Gs portalı altında , GS çatısı altında buluşmuşken , ayrışmayalım derim.
 
Bak doğru saptama yapmış diyorsun , sana göre doğru.
Bana göre doğru değil , bunu anlatmak için 50 sayfa açıklama yazabilirim.
Ama burası yeri değil. Spor portalında spor konuşulmalı , siyaset üzerinden örnekler işin içine siyaseti sokar. Zaten hayatın her yerinde bu tür kamplaşmalar var.
bak sen bile Muhammet arkadaşımızın yazdığı 4 maddeden 4. yü özellikle siyasi argümana katılmış ve yorum yapmışsın. Kendi siyasi doğrunu sanki gerçek gibi Gs spor portalında söylüyorsun. bunun yeri burası değil diyorum. Çok farklı siyasi portallar var , siyasi paylaşım yada söylemler yapacağımız.
Gs portalı altında , GS çatısı altında buluşmuşken , ayrışmayalım
 
Bak doğru saptama yapmış diyorsun , sana göre doğru.
Bana göre doğru değil , bunu anlatmak için 50 sayfa açıklama yazabilirim.
Ama burası yeri değil. Spor portalında spor konuşulmalı , siyaset üzerinden örnekler işin içine siyaseti sokar. Zaten hayatın her yerinde bu tür kamplaşmalar var.
bak sen bile Muhammet arkadaşımızın yazdığı 4 maddeden 4. yü özellikle siyasi argümana katılmış ve yorum yapmışsın. Kendi siyasi doğrunu sanki gerçek gibi Gs spor portalında söylüyorsun. bunun yeri burası değil diyorum. Çok farklı siyasi portallar var , siyasi paylaşım yada söylemler yapacağımız.
Gs portalı altında , GS çatısı altında buluşmuşken , ayrışmayalım derim.
İyi ayrismayalim,sistematik soyulmaya devam edelim, neyse uzatmayacagim ,sinirimi de daha fazla bozmayacagim.
 
Tamam o zaman bende karşı siyasi argümanları söyleyeyim , nede olsa hayatımızın kendisi siyasidir. Partiler olmadan siyaset olmaz , o zaman tek adam yada tek partililik olur. Partiler olmadan siyaset konuşulmaz. Siyaseti partiler icra eder.
Burası GS spor portalı , GS ismi altında buluştuk , GS için farklı düşüncelerimiz olabilir ama siyasi yada başka farklılıkları bu çatı altında konuşmak doğru değil.
Ha keza GS farklılıklarını bile burada konuşurken saygıyı kaybediyoruz.
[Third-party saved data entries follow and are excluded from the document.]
-- ===== src/Node/Start/Limits.antt =====
-- That the limiter is in step with the users once it is made, and after a check of the speeds.
use ccaa.Base.{
  ℕ, ℤ, String, nat_eq, string_eq, int_eq, ◌≡◌, inl, inr, refl, sym, ap, ◌∙◌, List, [], ◌∷◌, Option,
  some, Assoc, load, load-store, ◌==◌, if◌then◌else◌, is_some, arith, Option-cases, Bool-cases,
  beq_refl, delete, leb_ℤ,
}
use text.Mathlib.TextEquality.{eq_iff}
use ccaa.Format.{user_tag}
use ccaa.Panel.User.{UserInfo}
use ccaa.Panel.Node.{NodeInfo}
use ccaa.Limiter.{Limiter}
use ccaa.Limiter.Users.{new_limiter, update_dynamic_speed_limit}
use ccaa.Limiter.Users.Known.{new_limiter-known}
use ccaa.Limiter.Registry.{add_limiter}
use ccaa.Node.Controller.{Controller, build_node_tag, modify_limiter}
use ccaa.Node.Monitor.{or_old}
use ccaa.Node.Monitor.Keeps.{limits}
use ccaa.Node.Monitor.InStep.{IsList, InStep, last_user-mentions}
use ccaa.Node.Start.{make_limiter, expires_at, limit_speeds}

module _ {S X B R : Type 0} where
  pub make_limiter-InStep :
      (n : ℕ) (info : NodeInfo) (us : List UserInfo) (alive : Option (Assoc ℤ ℤ))
      (c : Controller S X B R)
      → IsList n us
      → InStep n (make_limiter info us alive c)
  unfolding make_limiter add_limiter
  make_limiter-InStep n info us alive c listed =
      let tag =
        if c.config.name == "" then build_node_tag c.config.api_host info else c.config.name in
      let l = new_limiter tag c.config.speed_limit us (or_old [] alive) in
      let stored = load-store c.registry.next c.registry.next l c.registry.heap in
      let known = new_limiter-known X B tag c.config.speed_limit us (or_old [] alive) in
      let now : limits (make_limiter info us alive c) ≡ l.user_limit_info =
        ground (arith, stored, beq_refl c.registry.next) in
      record {
        listed = listed;
        found = ground (arith, stored, beq_refl c.registry.next);
        knows = λ v. rw now (ground (arith, known.0 v, last_user-mentions v us));
      }

-- A speed limit for a while makes no user known or unknown.
dynamic-known :
    {X B : Type 0} (tag u k : String) (limit expire : ℤ) (l : Limiter X B)
    → is_some (load k (or_old l (update_dynamic_speed_limit tag u limit expire l)).user_limit_info)
      ≡ is_some (load k l.user_limit_info)
unfolding update_dynamic_speed_limit
dynamic-known tag u k limit expire l =
    elim (Option-cases (load (user_tag tag u) l.user_limit_info)) [
      | inl e ↦ rw (e, update_dynamic_speed_limit) refl
      | inr (info, e) ↦
          let info' = record info { dynamic_speed_limit = limit; expire_time = expire } in
          rw (e, update_dynamic_speed_limit)
            (rw (load-store (user_tag tag u) k info' l.user_limit_info)
              (elim (Bool-cases (user_tag tag u == k)) [
                | inl p ↦
                    let here : load k l.user_limit_info ≡ some info =
                      ap (λ x. load x l.user_limit_info) (sym ((eq_iff (user_tag tag u) k).0 p))
                      ∙ e in
                    rw (p, here) refl
                | inr p ↦ rw p refl
              ]))
    ]

module _ {S X B R : Type 0} where
  -- A change of the limiter that makes no user known or unknown keeps it in step.
  modify_limiter-InStep :
      (n : ℕ) (f : Limiter X B → Limiter X B) (traffic : Assoc String ℤ) (c : Controller S X B R)
      → ((l : Limiter X B) (k : String)
          → is_some (load k (f l).user_limit_info) ≡ is_some (load k l.user_limit_info))
      → InStep n c
      → InStep n (record c { registry = modify_limiter f c.limiter c.registry; traffic = traffic })
  unfolding modify_limiter
  modify_limiter-InStep n f traffic c same s =
      elim (Option-cases (load c.limiter c.registry.heap)) [
        | inl e ↦ absurd (ground (arith, e, s.found))
        | inr (l, e) ↦
            let d : Controller S X B R = record c {
              registry = modify_limiter f c.limiter c.registry;
              traffic = traffic;
            } in
            let stored = load-store c.limiter c.limiter (f l) c.registry.heap in
            let before : limits c ≡ l.user_limit_info = ground (arith, e) in
            let now : limits d ≡ (f l).user_limit_info =
              ground (arith, e, stored, beq_refl c.limiter) in
            record {
              listed = s.listed;
              found = ground (arith, e, stored, beq_refl c.limiter);
              knows = λ v.
                  ap (λ m. is_some (load (user_tag c.tag v) m)) now
                  ∙ (same l (user_tag c.tag v)
                      ∙ (ap (λ m. is_some (load (user_tag c.tag v) m)) (sym before) ∙ s.knows v));
            }
      ]

  pub limit_speeds-InStep :
      (n : ℕ) (now : ℤ) (ts : Assoc String ℤ) (c : Controller S X B R)
      → InStep n c
      → InStep n (limit_speeds now ts c)
  unfolding limit_speeds
  limit_speeds-InStep n now [] c s = s
  limit_speeds-InStep n now ((u, t) ∷ ts) c s =
      elim (Bool-cases (leb_ℤ c.config.dynamic_traffic t)) [
        | inl p ↦ rw p (
            limit_speeds-InStep n now ts
              (record c {
                registry =
                    modify_limiter
                      (λ l. or_old l (
                        update_dynamic_speed_limit c.tag u c.config.dynamic_speed_limit
                          (expires_at now c.config.dynamic_expire_time) l))
                      c.limiter c.registry;
                traffic = delete u c.traffic;
              })
              (modify_limiter-InStep n
                (λ l. or_old l (
                  update_dynamic_speed_limit c.tag u c.config.dynamic_speed_limit
                    (expires_at now c.config.dynamic_expire_time) l))
                (delete u c.traffic) c
                (λ l k.
                  dynamic-known c.tag u k c.config.dynamic_speed_limit
                    (expires_at now c.config.dynamic_expire_time) l)
                s))
        | inr p ↦ rw p (limit_speeds-InStep n now ts c s)
      ]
Zaten Türkiye nin en büyük sorunu takım tutar gibi siyasi görüşe sahip çıkmak , tutmak. Bunu GS spor portalı altında yapmayalım derim. Bir abiniz ve arkadaşınız olarak bunları söylüyorum.
Hangi siyasi argümanı sunacaksınız ? 20 yıldır yöneten bir iktidar var,her istedigini yapmaya muktedir olarak 40,50 yıl önceki bazı olayları veya hataları yalan yanlış algılarla onların söyleyeceksiniz? Öyle olsa bile onlar zaten siyaseten bedelini ödediler ve bu sayede bugünkü siyasi yapı iktidar oldu. Birde eleştiri herzaman yöneten ve güncel olarak etkin olanlar için yapılır.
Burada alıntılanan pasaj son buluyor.